### Your objective
Your task is to copy the stretch of lines in the records below that begins with the line containing "abbrev pub after_purchase : BillingDb" and ends with the line containing "forged = consuming", exactly as written, with nothing added.

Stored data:
——

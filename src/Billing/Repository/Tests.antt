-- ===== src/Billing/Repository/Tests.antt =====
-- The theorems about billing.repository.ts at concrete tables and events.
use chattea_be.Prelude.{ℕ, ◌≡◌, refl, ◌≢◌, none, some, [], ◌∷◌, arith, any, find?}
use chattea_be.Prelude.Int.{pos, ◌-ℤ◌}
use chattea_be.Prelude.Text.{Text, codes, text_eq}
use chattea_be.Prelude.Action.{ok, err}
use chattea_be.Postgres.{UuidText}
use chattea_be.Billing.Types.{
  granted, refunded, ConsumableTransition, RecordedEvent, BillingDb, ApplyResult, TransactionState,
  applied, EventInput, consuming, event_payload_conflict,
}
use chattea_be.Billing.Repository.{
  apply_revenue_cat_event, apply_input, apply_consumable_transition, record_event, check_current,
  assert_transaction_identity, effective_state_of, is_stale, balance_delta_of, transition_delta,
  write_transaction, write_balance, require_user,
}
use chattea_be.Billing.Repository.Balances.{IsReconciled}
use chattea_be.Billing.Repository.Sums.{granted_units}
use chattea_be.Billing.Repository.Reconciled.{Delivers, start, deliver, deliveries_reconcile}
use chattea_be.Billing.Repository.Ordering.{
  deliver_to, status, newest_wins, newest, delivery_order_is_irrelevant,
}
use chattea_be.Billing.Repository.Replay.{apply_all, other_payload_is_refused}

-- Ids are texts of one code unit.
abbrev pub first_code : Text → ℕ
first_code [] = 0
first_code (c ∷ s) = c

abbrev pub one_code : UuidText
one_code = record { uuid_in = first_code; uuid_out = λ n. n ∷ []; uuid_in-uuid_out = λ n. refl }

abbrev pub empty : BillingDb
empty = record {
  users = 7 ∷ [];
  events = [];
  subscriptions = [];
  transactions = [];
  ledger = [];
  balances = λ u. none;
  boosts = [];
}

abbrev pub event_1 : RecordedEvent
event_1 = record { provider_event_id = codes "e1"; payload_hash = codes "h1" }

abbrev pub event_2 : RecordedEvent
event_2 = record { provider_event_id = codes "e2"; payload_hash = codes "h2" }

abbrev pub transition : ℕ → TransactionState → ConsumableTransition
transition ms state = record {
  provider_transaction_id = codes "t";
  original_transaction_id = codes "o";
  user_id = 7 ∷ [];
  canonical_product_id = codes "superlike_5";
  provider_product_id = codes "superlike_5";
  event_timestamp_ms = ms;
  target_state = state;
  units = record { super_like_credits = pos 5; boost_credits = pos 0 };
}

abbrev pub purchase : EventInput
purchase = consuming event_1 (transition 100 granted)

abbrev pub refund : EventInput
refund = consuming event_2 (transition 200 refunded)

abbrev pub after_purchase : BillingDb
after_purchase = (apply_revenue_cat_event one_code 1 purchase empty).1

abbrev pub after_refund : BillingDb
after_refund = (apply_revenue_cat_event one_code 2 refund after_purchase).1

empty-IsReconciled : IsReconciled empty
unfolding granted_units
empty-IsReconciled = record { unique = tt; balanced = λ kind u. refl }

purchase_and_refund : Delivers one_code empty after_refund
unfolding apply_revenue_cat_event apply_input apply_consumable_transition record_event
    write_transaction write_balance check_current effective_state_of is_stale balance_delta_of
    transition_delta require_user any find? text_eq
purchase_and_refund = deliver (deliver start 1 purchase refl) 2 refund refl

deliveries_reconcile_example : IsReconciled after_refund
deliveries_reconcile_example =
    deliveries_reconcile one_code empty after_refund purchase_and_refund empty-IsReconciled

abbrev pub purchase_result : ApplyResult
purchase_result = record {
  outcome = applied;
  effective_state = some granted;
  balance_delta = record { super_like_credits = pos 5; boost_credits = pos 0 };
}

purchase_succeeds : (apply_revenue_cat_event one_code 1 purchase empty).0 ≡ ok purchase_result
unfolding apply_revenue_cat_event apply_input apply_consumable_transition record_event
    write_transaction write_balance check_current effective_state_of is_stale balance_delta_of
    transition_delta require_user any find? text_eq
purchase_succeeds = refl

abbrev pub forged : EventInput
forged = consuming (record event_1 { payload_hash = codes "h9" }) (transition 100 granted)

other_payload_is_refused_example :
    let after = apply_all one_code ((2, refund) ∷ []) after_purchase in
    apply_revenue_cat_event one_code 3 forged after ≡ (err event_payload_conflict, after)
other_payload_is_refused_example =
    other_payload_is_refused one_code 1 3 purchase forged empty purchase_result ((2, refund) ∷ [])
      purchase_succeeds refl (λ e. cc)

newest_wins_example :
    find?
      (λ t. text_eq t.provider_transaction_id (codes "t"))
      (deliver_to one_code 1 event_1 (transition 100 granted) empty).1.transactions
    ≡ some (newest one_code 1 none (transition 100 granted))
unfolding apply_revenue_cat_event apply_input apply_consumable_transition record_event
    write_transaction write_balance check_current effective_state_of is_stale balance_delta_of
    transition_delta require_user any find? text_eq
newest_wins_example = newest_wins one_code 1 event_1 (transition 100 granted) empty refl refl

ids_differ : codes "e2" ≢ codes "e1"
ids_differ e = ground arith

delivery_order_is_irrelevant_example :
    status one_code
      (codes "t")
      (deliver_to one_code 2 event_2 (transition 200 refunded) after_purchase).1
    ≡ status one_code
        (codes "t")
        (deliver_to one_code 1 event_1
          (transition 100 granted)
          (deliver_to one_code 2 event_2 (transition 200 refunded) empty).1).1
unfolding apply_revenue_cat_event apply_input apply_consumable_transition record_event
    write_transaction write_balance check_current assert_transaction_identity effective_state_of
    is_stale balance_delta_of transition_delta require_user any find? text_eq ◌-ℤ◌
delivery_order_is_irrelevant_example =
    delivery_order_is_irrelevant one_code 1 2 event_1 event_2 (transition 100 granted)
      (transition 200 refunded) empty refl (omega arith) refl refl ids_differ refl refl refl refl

——

### Reply
abbrev pub after_purchase : BillingDb
after_purchase = (apply_revenue_cat_event one_code 1 purchase empty).1

abbrev pub after_refund : BillingDb
after_refund = (apply_revenue_cat_event one_code 2 refund after_purchase).1

empty-IsReconciled : IsReconciled empty
unfolding granted_units
empty-IsReconciled = record { unique = tt; balanced = λ kind u. refl }

purchase_and_refund : Delivers one_code empty after_refund
unfolding apply_revenue_cat_event apply_input apply_consumable_transition record_event
    write_transaction write_balance check_current effective_state_of is_stale balance_delta_of
    transition_delta require_user any find? text_eq
purchase_and_refund = deliver (deliver start 1 purchase refl) 2 refund refl

deliveries_reconcile_example : IsReconciled after_refund
deliveries_reconcile_example =
    deliveries_reconcile one_code empty after_refund purchase_and_refund empty-IsReconciled

abbrev pub purchase_result : ApplyResult
purchase_result = record {
  outcome = applied;
  effective_state = some granted;
  balance_delta = record { super_like_credits = pos 5; boost_credits = pos 0 };
}

purchase_succeeds : (apply_revenue_cat_event one_code 1 purchase empty).0 ≡ ok purchase_result
unfolding apply_revenue_cat_event apply_input apply_consumable_transition record_event
    write_transaction write_balance check_current effective_state_of is_stale balance_delta_of
    transition_delta require_user any find? text_eq
purchase_succeeds = refl

abbrev pub forged : EventInput
forged = consuming (record event_1 { payload_hash = codes "h9" }) (transition 100 granted)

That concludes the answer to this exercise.